I guarantee I will get less than anyone else - I get only a couple of hundred from a 5DIV as I use a battery draining 100-400mm II on it and stare down it while aiming and searching. On the other hand, if I get out my 90D and fire a 100 2s bursts at 10fps, it will hardly register on the battery meter. So, if I get only 200 on the R5 in non-high burst mode, I will not be surprised.


----------



## Canon-Chas (Aug 30, 2020)

Four hour session in my wildlife hide yesterday, 345 shots , no video , battery dead after 4 hours ! All max power saving options on, would be nice if I could even buy another battery !! Lens used 300mm f2.8 mkii on tripod, IS off, a fair bit of chimping which probably sucks the life out the battery


----------



## Sorosuub (Aug 30, 2020)

Canon-Chas said:


> Four hour session in my wildlife hide yesterday, 345 shots , no video , battery dead after 4 hours ! All max power saving options on, would be nice if I could even buy another battery !! Lens used 300mm f2.8 mkii on tripod, IS off, a fair bit of chimping which probably sucks the life out the battery



Only 345 shots!! That might be the lowest shot count I've seen. Was IBIS turned on?


----------



## Canon-Chas (Aug 30, 2020)

Sorosuub said:


> Only 345 shots!! That might be the lowest shot count I've seen.

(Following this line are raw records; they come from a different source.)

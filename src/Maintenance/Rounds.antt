-- ===== src/Maintenance/Rounds.antt =====
-- The rounds of the eviction loop, and the rows that it keeps.
use gocachez.Prelude.{
  ℕ, ◌+◌, ◌≡◌, refl, ◌∙◌, ◌⊎◌, Bool, true, false, not, ◌&&◌, Option, none, some, List, [], ◌∷◌,
  select, arith, Bool-cases, inl, inr, All, length, ltb,
}
use gocachez.Prelude.Int.{ℤ, pos, leb_ℤ, ◌-ℤ◌}
use gocachez.Catalog.{Key, OutputRow, Catalog, delete_where, has_output_id, evict_output}
use gocachez.Catalog.Listing.{compressed_size}
use gocachez.Catalog.Tables.{All-delete_where}
use gocachez.Store.State.{update}
use gocachez.Maintenance.Evict.{
  PruneCandidate, Cache, Round, fine, row_fails, unlink_fails, evict_each, evict_to_max_size,
  is_chosen, select-delete_where,
}

abbrev pub prepend : Key → Option (List Key) → Option (List Key)
prepend k none = none
prepend k (some ks) = some (k ∷ ks)

-- One round: the loop ends, or it goes on with the row kept or removed.
module _ (rounds : ℕ → Round) (max_size : ℤ) (c : PruneCandidate) (cs : List PruneCandidate) (n : ℕ)
    (total : ℤ) (s : Cache) where
  abbrev pub removed : Bool
  removed = (evict_output c.output_id c.accessed_at s.catalog).0

  abbrev pub tables : Catalog
  tables = (evict_output c.output_id c.accessed_at s.catalog).1

  abbrev pub next : Option (List Key) × Cache
  next =
      evict_each rounds max_size cs (n + 1) (total -ℤ pos c.size)
        (record s { catalog = tables; blobs = update c.output_id none s.blobs })

  pub data Turn (r : Option (List Key) × Cache) : Type 0 where
    enough : leb_ℤ total max_size ≡ true → r ≡ (some [], s) → Turn r
    stopped : r ≡ (none, s) → Turn r
    unlinked : removed ≡ true → r ≡ (none, record s { catalog = tables }) → Turn r
    kept :
        removed ≡ false
        → r ≡ evict_each rounds max_size cs (n + 1) total (record s { catalog = tables })
        → Turn r
    gone : removed ≡ true → r ≡ (prepend c.output_id next.0, next.1) → Turn r

  Round-cases : (rd : Round) → (rd ≡ fine) ⊎ (rd ≡ row_fails) ⊎ (rd ≡ unlink_fails)
  Round-cases fine = inl refl
  Round-cases row_fails = inr (inl refl)
  Round-cases unlink_fails = inr (inr refl)

  pub turn : Turn (evict_each rounds max_size (c ∷ cs) n total s)
  unfolding evict_each
  turn = elim (Bool-cases (leb_ℤ total max_size)) [
    | inl t ↦ enough t (rw (t, evict_each) refl)
    | inr f ↦ elim (Round-cases (rounds n)) [
      | inr (inl e) ↦ stopped (rw (f, e, evict_each) refl)
      | inr (inr e) ↦ elim (Bool-cases removed) [
        | inl t ↦ unlinked t (rw (f, e, t, evict_each) refl)
        | inr k ↦ kept k (rw (f, e, k, evict_each) refl)
      ]
      | inl e ↦ elim (Bool-cases removed) [
        | inl t ↦ gone t (rw (f, e, t, evict_each) (ground arith))
        | inr k ↦ kept k (rw (f, e, k, evict_each) refl)
      ]
    ]
  ]

-- The rows that a round of a candidate removes.
abbrev pub doomed : PruneCandidate → OutputRow → Bool
doomed c o = has_output_id c.output_id o && leb_ℤ o.accessed_at c.accessed_at

module _ (c : PruneCandidate) (s : Catalog) where
  pub outputs-evict_output :
      (evict_output c.output_id c.accessed_at s).1.outputs ≡ delete_where (doomed c) s.outputs
  unfolding evict_output
  outputs-evict_output = refl

  pub removed-evict_output :
      (evict_output c.output_id c.accessed_at s).0 ≡ ltb 0 (length (select (doomed c) s.outputs))
  unfolding evict_output
  removed-evict_output = refl

-- The loop only deletes rows, so that what holds of all rows holds of those that are left.
module _ (P : OutputRow → Type 0) (rounds : ℕ → Round) (max_size : ℤ) where
  pub evict_each-All :
      (cs : List PruneCandidate) (n : ℕ) (total : ℤ) (s : Cache)
      → All P s.catalog.outputs
      → All P (evict_each rounds max_size cs n total s).1.catalog.outputs
  evict_each-All [] n total s a = unfold evict_each in a
  evict_each-All (c ∷ cs) n total s a =
      let less : All P (tables rounds max_size c cs n total s).outputs =
        rw (outputs-evict_output c s.catalog) (All-delete_where P (doomed c) s.catalog.outputs a) in
      elim (turn rounds max_size c cs n total s) [
        | enough t e ↦ rw e a
        | stopped e ↦ rw e a
        | unlinked t e ↦ rw e less
        | kept t e ↦ rw e (evict_each-All cs (n + 1) total _ less)
        | gone t e ↦ rw e (evict_each-All cs (n + 1) (total -ℤ pos c.size) _ less)
      ]

is_chosen-false :
    (c : PruneCandidate) (cs : List PruneCandidate) (o : OutputRow)
    → is_chosen (c ∷ cs) o ≡ false
    → (doomed c o ≡ false) × (is_chosen cs o ≡ false)
unfolding is_chosen
is_chosen-false c cs o f = ground arith

-- A filter that no candidate's round touches sees the same rows.
module _ (p : OutputRow → Bool) (rounds : ℕ → Round) (max_size : ℤ) where
  pub evict_each-select :
      (cs : List PruneCandidate) (n : ℕ) (total : ℤ) (s : Cache)
      → ((o : OutputRow) → p o ≡ true → is_chosen cs o ≡ false)
      → select p (evict_each rounds max_size cs n total s).1.catalog.outputs
        ≡ select p s.catalog.outputs
  evict_each-select [] n total s h = unfold evict_each in refl
  evict_each-select (c ∷ cs) n total s h =
      let same_rows : select p (tables rounds max_size c cs n total s).outputs
          ≡ select p s.catalog.outputs =
        rw (outputs-evict_output c s.catalog) (
          select-delete_where p (doomed c) (λ o t. (is_chosen-false c cs o (h o t)).0)
            s.catalog.outputs) in
      let later : (o : OutputRow) → p o ≡ true → is_chosen cs o ≡ false =
        λ o t. (is_chosen-false c cs o (h o t)).1 in
      elim (turn rounds max_size c cs n total s) [
        | enough t e ↦ rw e refl
        | stopped e ↦ rw e refl
        | unlinked t e ↦ rw e same_rows
        | kept t e ↦ rw e (evict_each-select cs (n + 1) total _ later ∙ same_rows)
        | gone t e ↦ rw e (evict_each-select cs (n + 1) (total -ℤ pos c.size) _ later ∙ same_rows)
      ]

-- Eviction keeps every row that was not chosen: an output that no candidate names, or that was
-- accessed after it was chosen, is in the catalog afterwards with its row unchanged, whatever fails
-- on the way and however stale the candidates are.
pub evict_to_max_size-select :
    (rounds : ℕ → Round) (sized : Bool) (max_size : ℤ) (cs : List PruneCandidate) (s : Cache)
    → select
        (λ o. not (is_chosen cs o))
        (evict_to_max_size rounds sized max_size cs s).1.catalog.outputs
      ≡ select (λ o. not (is_chosen cs o)) s.catalog.outputs
unfolding evict_to_max_size
evict_to_max_size-select rounds sized max_size [] s = refl
evict_to_max_size-select rounds sized max_size (c ∷ cs) s = elim (Bool-cases sized) [
  | inl t ↦ rw t (
      evict_each-select (λ o. not (is_chosen (c ∷ cs) o)) rounds max_size (c ∷ cs) 0
        (pos (compressed_size s.catalog)) s (λ o t. ground arith))
  | inr f ↦ rw f refl
]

Was IBIS turned on?


As in original post IS off via lens , not sure if IBIS can be turned off I think the lens IS off disables it ?? I was shooting RAW , big files , maybe that drains battery also ?


----------



## Bdbtoys (Aug 30, 2020)

Canon-Chas said:


> As in original post IS off via lens , not sure if IBIS can be turned off I think the lens IS off disables it ??



On an IS lens, turning off IS on the lens disables IBIS. On non-IS lens, there is a menu option for IBIS on/off.


----------



## Canon-Chas (Aug 30, 2020)

Canon-Chas said:


> As in original post IS off via lens , not sure if IBIS can be turned off I think the lens IS off disables it ?? I was shooting RAW , big files , maybe that drains battery also ?


I did shoot over 1000 images last week over two hours walking around the beach , plenty battery left, no chimping though


----------



## BeenThere (Aug 30, 2020)

Canon-Chas said:


> Four hour session in my wildlife hide yesterday, 345 shots , no video , battery dead after 4 hours ! All max power saving options on, would be nice if I could even buy another battery !! Lens used 300mm f2.8 mkii on tripod, IS off, a fair bit of chimping which probably sucks the life out the battery


Turning the camera off when nothing much is happening is a power saving option.


----------



## zim (Aug 30, 2020)

Canon-Chas said:


> Four hour session in my wildlife hide yesterday, 345 shots , no video , battery dead after 4 hours ! All max power saving options on, would be nice if I could even buy another battery !! Lens used 300mm f2.8 mkii on tripod, IS off, a fair bit of chimping which probably sucks the life out the battery


Was it dead because you had it on for four hrs or because you took 345+chimp shots which happened to take you four hrs  
I presume you had IBIS off if you had IS off?
With a grip i really wouldn't want to carry more than 4 batteries, two morning, two afternoon. (airshows) sounds tight then again maybe the accuracy of that AF allows you to break the chimp habit!


----------



## Canon-Chas (Aug 30, 2020)

zim said:


> Was it dead because you had it on for four hrs or because you took 345+chimp shots which happened to take you four hrs
> I presume you had IBIS off if you had IS off?
> With a grip i really wouldn't want to carry more than 4 batteries, two morning, two afternoon. (airshows) sounds tight then again maybe the accuracy of that AF allows you to break the chimp habit!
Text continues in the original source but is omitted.